Motivasi merupakan faktor yang sangat penting untuk menjadikan seseorang mampu mengalahkan godaan-godaan hidup serta menjadi faktor penting untuk meraih prestasi. Hal-hal yang dapat menjadi sumber motivasi seseorang antara lain; faktor uang, pangkat dan jabatan, popularitas, harga diri, sex, dan juga faktor ideologi dan agama. Berdasarkan catatan sejarah berbagai agama, kita dapat menemukan fakta bahwa karena motivasi agama orang dapat melakukan apa saja demi nilai kemanusiaan dan cinta kasih terhadap manusia, namun di sisi lain karena motivasi agama (yang di pahami secara salah) orang dapat melakukan apa saja termasuk membunuh dan mengorbankan nyawa sekalipun. Kalau motivasi seseorang yang bersumber dari agama dapat diarahkan pada hal-hal yang positif maka orang tersebut akan memiliki energi yang luar biasa untuk berprestasi dan melakukan pengabdian pada Tuhan melalui amal sosial dan kemanusiaan.

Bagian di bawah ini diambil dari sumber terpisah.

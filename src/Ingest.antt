-- ===== src/Ingest.antt =====
-- internal/ingest/service.go: capture modes, identifiers, redaction and bounds of incoming events,
-- and the batch that goes to the store.
pub mod Setup
pub mod Prepare
pub mod Modes
pub mod Kept
pub mod Spool
pub mod Counts
pub mod Signals
use traceboard.Prelude.{
  ℕ, zero, suc, ◌+◌, ◌-◌, String, Bool, true, false, Option, none, some, List, [], ◌∷◌, ◌==◌, ◌||◌,
  ltb, eqb, length, take, if◌then◌else◌,
}
use traceboard.Event.{Event, Instant}
use traceboard.Event.EventType.{contains_text}
use traceboard.Platform.{Platform}
use traceboard.Store.{Db, Result, ok, err}
use traceboard.Store.Insert.{InsertResult, insert_events}
use traceboard.Ingest.Setup.{Service, Tools}
use traceboard.Ingest.Prepare.{prepare}

-- Result
pub record IngestResult : Type 0 where
  pub accepted : ℕ
  pub duplicate : ℕ
  pub quarantined : ℕ
  pub dropped : ℕ

abbrev pub nothing : IngestResult
nothing = record { accepted = 0; duplicate = 0; quarantined = 0; dropped = 0 }

-- The events that `prepare` keeps, the number that it drops, and the runs that they touch.
pub record PreparedBatch : Type 0 where
  pub events : List Event
  pub dropped : ℕ
  pub touched : List String

unfoldable pub add_touched : String → List String → List String
unfolding contains_text
add_touched run runs = if contains_text run runs then runs else run ∷ runs

unfoldable pub add_prepared : Option Event → PreparedBatch → PreparedBatch
add_prepared none b = record b { dropped = b.dropped + 1 }
add_prepared (some e) b = record b {
  events = e ∷ b.events;
  touched = add_touched e.run_id b.touched;
}

module _ (platform : Platform) (tools : Tools) (service : Service) where
  -- The loop of `Ingest` over the batch. The n-th event reads the service's clock at `clock n`.
  unfoldable pub prepare_batch : (ℕ → Instant) → ℕ → List Event → PreparedBatch
  prepare_batch clock n [] = record { events = []; dropped = 0; touched = [] }
  prepare_batch clock n (input ∷ rest) =
      add_prepared (prepare platform tools service (clock n) input)
        (prepare_batch clock (n + 1) rest)

  -- The result of the batch from the answer of the store, with the runs that are announced.
  unfoldable pub report : ℕ → PreparedBatch → Result InsertResult → IngestResult × List String
  report dropped b (ok r) = (
    record {
      accepted = r.accepted;
      duplicate = r.duplicate;
      quarantined = r.quarantined;
      dropped = dropped + b.dropped;
    },
    b.touched,
  )
  report dropped b (err e) =
      (record nothing { quarantined = length b.events; dropped = dropped + b.dropped }, [])

  -- The store call, which is left out for an empty batch.
  unfoldable pub store_batch :
      (ℕ → Instant) → ℕ → PreparedBatch → List Event → Db → (IngestResult × List String) × Db
  store_batch clock dropped b [] db = ((record nothing { dropped = dropped + b.dropped }, []), db)
  store_batch clock dropped b (e ∷ rest) db =
      let (answer, after) = insert_events platform clock (e ∷ rest) db in
      (report dropped b answer, after)

  -- Ingest, with the service's clock and the store's.
  unfoldable pub ingest :
      (ℕ → Instant) → (ℕ → Instant) → List Event → Db → (IngestResult × List String) × Db
  ingest clock store_clock batch db =
      let limit = service.limits.max_events_per_batch in
      let dropped = length batch - limit in
      let b = prepare_batch clock 0 (take limit batch) in
      store_batch store_clock dropped b b.events db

4. Kemampuan untuk mengendalikan hawa nafsu (impulse control).
Intisari dari kemampuan mengatur diri sendiri terletak pada kemampuan seseorang untuk mengendalikan hawa nafsu. Semua bentuk doa dan peribadatan serta semua ajaran agama yang tertera dalam kitab suci masing-masing, memiliki sasaran pokok yaitu pembentukan kepribadian yang mampu mengalahkan dan mengendalikan hawa nafsunya. Kemampuan mengalahkan dan mengendalikan hawa nafsunya ini dapat dikembangkan melalui latihan. Di dalam setiap ajaran agama, pasti ditemukan suatu proses latihan pengendalian hawa nafsu, misalnya dengan berpuasa
5. Kemampuan untuk menangani hubungan dengan orang lain (people skill).
Berhubungan dengan orang lain bisa berarti berkomunikasi, tolong menolong, menghayati apa yang sedang dirasakan oleh orang lain, peduli dan memberikan bantuan, bekerja sama dan sebagainya. Kemampuan menangani hubungan dengan orang lain ini sesungguhnya menjadi inti semua ajaran agama yaitu mengasihi sesama umat manusia dengan tulus tanpa dipengaruhi oleh suku, agama, ras maupun golongan. Bila kita dapat mengasihi sesama berarti berarti kita telah beragama dengan benar, namun bila kita tidak dapat mengasihi atau menciptakan hubungan baik dengan orang lain maka kualitas beragama kita perlu dipertanyakan.